Solar Turbines
Le classement large « gestion des environnementaux » de WattsMonde recouvre aussi les équipements critiques des chaînes pétrolières, gazières et électriques : Solar Turbines Incorporated, filiale américaine de Caterpillar basée à San Diego, en est l’incarnation — ni startup française homonyme, ni acteur du photovoltaïque.

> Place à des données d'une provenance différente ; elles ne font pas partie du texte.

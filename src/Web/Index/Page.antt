-- ===== src/Web/Index/Page.antt =====
-- index.go: the arguments of the template of serveIndex.
use gobuild.Common.{
  ℕ, Bool, true, false, not, ◌&&◌, if◌then◌else◌, Option, none, some, List, [], ◌∷◌, ◌++◌, map,
  Bytes, codes, eq_bytes, drop,
}
use gobuild.Spec.{BuildSpec, append_dir}
use gobuild.Record.{BuildResult}
use gobuild.Request.{Request, index_page, download_filename}
use gobuild.Tlog.{Store, HashTree}
use gobuild.Web.Index.{
  GoversionLink, TargetLink, VariantLink, ModVersions, Newer, IndexFacts, LogFile, no_log,
  log_not_read, log_text, goversion_link, target_link, variant_link, versions_of, list_versions,
  newer_link,
}

pub record IndexPage : Type 0 where
  pub favicon : Bytes
  pub success : Bool
  pub sum : Bytes
  pub req : Request
  pub dir_append : Bytes
  pub dir_prepend : Bytes
  pub goversion_links : List GoversionLink
  pub target_links : List TargetLink
  pub variant_links : List VariantLink
  pub mod_versions : ModVersions
  pub filename : Bytes
  pub pkg_go_dev_url : Bytes
  pub newer : Option (Newer × Bytes)
  pub in_progress : Bool
  pub output : Bytes
  pub filesize_gz : Option ℕ
  pub no_store : Bool

module _ (h : HashTree) (s : Store) (bs : BuildSpec) (f : IndexFacts) where
  abbrev pub result_sum : Option BuildResult → Bytes
  result_sum none = []
  result_sum (some br) = br.sum

  -- `output`: the log of a failed build, which is looked for where there is no result; `none`
  -- where it cannot be read.
  abbrev pub output_of : Option BuildResult → LogFile → Option Bytes
  output_of (some br) l = some []
  output_of none no_log = some []
  output_of none log_not_read = none
  output_of none (log_text t) = some t

  unfoldable pub favicon_of : Bytes → Bytes → Bytes
  unfolding eq_bytes
  favicon_of output sum =
      if not (eq_bytes output [])
      then codes "/favicon-error.png"
      else if eq_bytes sum []
      then codes "/favicon-building.png"
      else codes "/favicon.ico"

  abbrev size_if : Option BuildResult → Option ℕ
  size_if none = none
  size_if (some br) = f.binary_gz_size

  unfoldable pub page_of_output : Option BuildResult → Bytes → IndexPage
  unfolding eq_bytes append_dir download_filename list_versions newer_link favicon_of goversion_link
      target_link variant_link
  page_of_output br output =
      let resp = versions_of h s bs f (list_versions h s bs f) in
      let sum = result_sum br in
      record {
        favicon = favicon_of output sum;
        success = not (eq_bytes sum []);
        sum = sum;
        req = record { spec = bs; sum = []; page = index_page };
        dir_append = append_dir bs;
        dir_prepend = if eq_bytes bs.dir (codes "/") then [] else bs.dir;
        goversion_links =
            map (goversion_link h s bs true) f.supported_list
            ++ map (goversion_link h s bs false) f.remaining_list;
        target_links = map (target_link h s bs) f.target_list;
        variant_links =
            variant_link h s bs (codes "default") [] false
            ∷ variant_link h s bs (codes "stripped")
                (codes "Symbol table and debug information stripped, reducing binary size.") true
            ∷ [];
        mod_versions = resp;
        filename = download_filename bs;
        pkg_go_dev_url =
            codes "https://pkg.go.dev/"
            ++ (f.join_path ((bs.mod_path ++ (b'@' ∷ bs.version)) ∷ drop 1 bs.dir ∷ [])
                ++ codes "?tab=doc");
        newer = newer_link h s bs f resp.latest_version;
        in_progress = eq_bytes sum [] && eq_bytes output [];
        output = output;
        filesize_gz = size_if br;
        no_store = eq_bytes sum [];
      }

  abbrev pub page_if_read : Option BuildResult → Option Bytes → Option IndexPage
  page_if_read br none = none
  page_if_read br (some output) = some (page_of_output br output)

  -- serveIndex; `none` where the log cannot be read.
  unfoldable pub serve_index : Option BuildResult → Option IndexPage
  unfolding page_of_output
  serve_index br = page_if_read br (output_of br f.log_file)
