-- ===== src/Web/Index/Links.antt =====
-- index.go: where the rows of the index page lead, and what they say of the pages there.
use gobuild.Common.{
  Bool, true, false, ◌≡◌, ◌↔◌, refl, sym, ap, ◌∙◌, subst, Option, none, some, List, [], ◌∷◌, map,
  Bytes, codes, eq_bytes, eq_bytes_iff, Result, ok, All, All-append, Lacks, arith, inl,
}
use gobuild.Spec.{BuildSpec}
use gobuild.Spec.Parse.{target_key}
use gobuild.Spec.Canonical.{IsCanonical}
use gobuild.Record.{BuildResult}
use gobuild.Request.{Request, RequestError, index_page, parse_request}
use gobuild.Request.RoundTrip.{IsRequest, parse_request-link}
use gobuild.Sdk.Targets.{Target, available}
use gobuild.Tlog.{Store, HashTree}
use gobuild.Tlog.Abstract.{Represents, Entry, find_from, entry_text}
use gobuild.Web.Index.{
  PageLink, GoversionLink, TargetLink, VariantLink, IndexFacts, is_some, index_link, page_link,
  goversion_link, target_link,
}
use gobuild.Web.Index.Page.{IndexPage, output_of, page_of_output, serve_index}

abbrev pub index_request : BuildSpec → Request
index_request bs = record { spec = bs; sum = []; page = index_page }

-- The row of a specification on the page of `bs`: its link leads to the index page of the
-- specification, it is marked as a success if the log has a result with the directory of the
-- specification, and as active on the specification's own page only.
pub record IsRow (h : HashTree) (log : List BuildResult) (bs to : BuildSpec) (l : PageLink)
    : Type 0 where
  pub leads : parse_request l.url ≡ ok (index_request to)
  pub has_result : l.success ≡ is_some (find_from h.store_dir (h.store_dir to) 0 log)
  pub is_active : (l.active ≡ true) ↔ (to ≡ bs)

index_request-IsRequest : (bs : BuildSpec) → IsCanonical bs → IsRequest (index_request bs)
index_request-IsRequest bs c = record { canonical = c; sum_of_result = inl refl; served = inl refl }

pub parse_request-index_link :
    (bs : BuildSpec) → IsCanonical bs → parse_request (index_link bs) ≡ ok (index_request bs)
unfolding index_link
parse_request-index_link bs c = parse_request-link (index_request bs) (index_request-IsRequest bs c)

is_some-entry_text : (o : Option Entry) → is_some (entry_text o) ≡ is_some o
is_some-entry_text none = refl
is_some-entry_text (some e) = refl

module _ (h : HashTree) (log : List BuildResult) (s : Store) (v : Represents h log s)
    (bs : BuildSpec) (c : IsCanonical bs) where
  page_link-IsRow : (to : BuildSpec) → IsCanonical to → IsRow h log bs to (page_link h s bs to)
  unfolding page_link
  page_link-IsRow to d = record {
    leads = parse_request-index_link to d;
    has_result = ap is_some (v.dirs (h.store_dir to)) ∙ is_some-entry_text _;
    is_active = (same, λ e. other e);
  }
    where
      same : eq_bytes (index_link to) (index_link bs) ≡ true → to ≡ bs
      same e =
          let links : index_link to ≡ index_link bs =
            (eq_bytes_iff (index_link to) (index_link bs)).0 e in
          let requests : Path (Result RequestError Request) (ok (index_request to))
              (ok (index_request bs)) =
            sym (parse_request-index_link to d)
            ∙ ap parse_request links
            ∙ parse_request-index_link bs c in
          ground (arith, requests)

      other : to ≡ bs → eq_bytes (index_link to) (index_link bs) ≡ true
      other e = (eq_bytes_iff (index_link to) (index_link bs)).1 (ap index_link e)

-- A target of the list, and the text of a toolchain.
pub record IsPlainTarget (t : Target) : Type 0 where
  pub is_available : available (target_key t.goos t.goarch) ≡ true
  pub no_dash : Lacks b'-' t.goos × Lacks b'-' t.goarch
  pub no_slash : Lacks b'/' t.goos × Lacks b'/' t.goarch

abbrev pub IsPlain : Bytes → Type 0
IsPlain v = Lacks b'-' v × Lacks b'/' v

with_target-IsCanonical :
    (bs : BuildSpec) (t : Target)
    → IsCanonical bs
    → IsPlainTarget t
    → IsCanonical (record bs { goos = t.goos; goarch = t.goarch })
with_target-IsCanonical bs t c p = record {
  mod_ne_nil = c.mod_ne_nil;
  mod_no_at = c.mod_no_at;
  mod_dot = c.mod_dot;
  mod_clean = c.mod_clean;
  version_ne_nil = c.version_ne_nil;
  version_no_slash = c.version_no_slash;
  dir_rooted = c.dir_rooted;
  dir_clean = c.dir_clean;
  target_available = p.is_available;
  no_dash = (p.no_dash.0, p.no_dash.1, c.no_dash.2);
  no_slash = (p.no_slash.0, p.no_slash.1, c.no_slash.2);
}

pub with_goversion-IsCanonical :
    (bs : BuildSpec) (v : Bytes) (stripped : Bool)
    → IsCanonical bs
    → IsPlain v
    → IsCanonical (record bs { goversion = v; stripped = stripped })
with_goversion-IsCanonical bs v stripped c p = record {
  mod_ne_nil = c.mod_ne_nil;
  mod_no_at = c.mod_no_at;
  mod_dot = c.mod_dot;
  mod_clean = c.mod_clean;
  version_ne_nil = c.version_ne_nil;
  version_no_slash = c.version_no_slash;
  dir_rooted = c.dir_rooted;
  dir_clean = c.dir_clean;
  target_available = c.target_available;
  no_dash = (c.no_dash.0, c.no_dash.1, p.0);
  no_slash = (c.no_slash.0, c.no_slash.1, p.1);
}

All-map {ℓ κ μ ν} :
    {A : Type ℓ} {B : Type κ} {P : A → Type μ} (Q : B → Type ν) (f : A → B)
    → ((a : A) → P a → Q (f a))
    → (xs : List A) → All P xs
    → All Q (map f xs)
All-map Q f g [] h = tt
All-map Q f g (x ∷ xs) (p, h) = (g x p, All-map Q f g xs h)

module _ (h : HashTree) (log : List BuildResult) (bs : BuildSpec) where
  abbrev pub IsTargetRow : TargetLink → Type 0
  IsTargetRow l = IsRow h log bs (record bs { goos = l.goos; goarch = l.goarch }) l.page

  abbrev pub IsGoversionRow : GoversionLink → Type 0
  IsGoversionRow l = IsRow h log bs (record bs { goversion = l.goversion }) l.page

  abbrev pub IsVariantRow : VariantLink → Type 0
  IsVariantRow l =
      IsRow h log bs (record bs { stripped = eq_bytes l.variant (codes "stripped") }) l.page

  -- The rows of a page are rows of their targets, toolchains and variants.
  pub record HasRows (p : IndexPage) : Type 0 where
    pub targets : All IsTargetRow p.target_links
    pub goversions : All IsGoversionRow p.goversion_links
    pub variants : All IsVariantRow p.variant_links

module _ (h : HashTree) (log : List BuildResult) (s : Store) (v : Represents h log s)
    (bs : BuildSpec) (c : IsCanonical bs) (f : IndexFacts)
    (targets : All IsPlainTarget f.target_list) (supported : All IsPlain f.supported_list)
    (remaining : All IsPlain f.remaining_list) where
  variant-IsRow :
      (b : Bool)
      → IsRow h log bs (record bs { stripped = b }) (page_link h s bs (record bs { stripped = b }))
  variant-IsRow b =
      page_link-IsRow h log s v bs c (record bs { stripped = b })
        (with_goversion-IsCanonical bs bs.goversion b c (c.no_dash.2, c.no_slash.2))

  goversion-IsRow :
      (b : Bool) (g : Bytes)
      → IsPlain g
      → IsRow h log bs (record bs { goversion = g }) (goversion_link h s bs b g).page
  unfolding goversion_link
  goversion-IsRow b g p =
      page_link-IsRow h log s v bs c (record bs { goversion = g })
        (with_goversion-IsCanonical bs g bs.stripped c p)

  target-IsRow :
      (t : Target)
      → IsPlainTarget t
      → IsRow h log bs (record bs { goos = t.goos; goarch = t.goarch }) (target_link h s bs t).page
  unfolding target_link
  target-IsRow t p =
      page_link-IsRow h log s v bs c (record bs { goos = t.goos; goarch = t.goarch })
        (with_target-IsCanonical bs t c p)

  page_of_output-HasRows :
      (br : Option BuildResult) (output : Bytes)
      → HasRows h log bs (page_of_output h s bs f br output)
  unfolding page_of_output
  page_of_output-HasRows br output = record {
    targets =
        All-map (IsTargetRow h log bs) (target_link h s bs) target-IsRow f.target_list targets;
    goversions =
        All-append (IsGoversionRow h log bs) (map (goversion_link h s bs true) f.supported_list) _
          (All-map (IsGoversionRow h log bs) (goversion_link h s bs true) (goversion-IsRow true)
            f.supported_list supported)
          (All-map (IsGoversionRow h log bs) (goversion_link h s bs false) (goversion-IsRow false)
            f.remaining_list remaining);
    variants = (variant-IsRow false, (variant-IsRow true, tt));
  }

  pub serve_index-HasRows :
      (br : Option BuildResult) (p : IndexPage)
      → serve_index h s bs f br ≡ some p
      → HasRows h log bs p
  serve_index-HasRows br p e = go (output_of h s bs f br f.log_file) refl
    where
      go : (o : Option Bytes) → output_of h s bs f br f.log_file ≡ o → HasRows h log bs p
      go none k = absurd (unfold serve_index in ground (arith, e, k))
      go (some output) k =
          let same : page_of_output h s bs f br output ≡ p =
            unfold serve_index in ground (arith, e, k) in
          subst (HasRows h log bs) same (page_of_output-HasRows br output)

À propos de Solar Turbines
1. Modèle économique
Solar Turbines vend des turbines à gaz et gaz-diesel, compresseurs, pièces et services (dont remanufacturing avec la marque Solar® citée dans les comptes de durabilité du groupe). La maison mère Caterpillar enregistre pour 2025 un chiffre d’affaires consolidé de 67,6 Md$ (+4 % sur 2024), dont une part significative portée par le segment « Power & Energy » : au quatrième trimestre 2025 seulement, ce segment affiche 9,4 Md$ de ventes (+23 %), avec la sous-rubrique pétrole et gaz portée par « turbines et services associés » et la sous-rubrique production d’électricité dopée par les très gros moteurs pour applications data centers, turbines comprises. Sur l’année, la marge opérationnelle du groupe resserre à 16,5 % contre 20,2 % en 2024, signe d’une pression coûts (tarifs, restructuration rail évoqués dans le même communiqué) malgré la taille record du CA. Solar Turbines, elle, n’est pas ventilée en ligne de compte publique : le levier de lecture reste la dynamique Power & Energy et l’écosystème compresseurs/gaz naturel. En parallèle, 7,9 Md$ ont été retournés aux actionnaires en 2025 (rachats et dividendes), ce qui structure le dialogue financier du groupe au-delà des discours « transition ».
2. Impact réel
L’empreinte climat du cœur de métier est structurellement liée à la combustion de méthane et de liquids gaziers dans des applications souvent proches des pertes et du midstream : les offres « durabilité » du fabricant ciblent la gestion des émissions (NOx, méthane compresseur) et la carburation bas-carbone, mais n’effacent pas le carbone fossile du burn. Côté scopes « corporate » de Caterpillar, le groupe revendique sur son tableau objectifs 2030 une baisse de 34 % des émissions absolues scope 1 et 2 par rapport à 2018 — chiffre à lire comme bilan d’usines Cat, pas comme bouclier naturel pour chaque MWh produit par des turbines en bout de réseau. Pour l’Europe, où la Programmation pluriannuelle de l’énergie tend à sortir les combustibles fossiles du mix et où les démonstrations « gaz 100 % hydrogène » relèvent encore d’expérimentations type HYFLEXPOWER, Solar Turbines se situe plutôt dans la logique de flexibilité gaz–hydrogène chère aux réseaux nord-américains pressés par la charge des IA qu’en boucle fermée décarbonée à la française.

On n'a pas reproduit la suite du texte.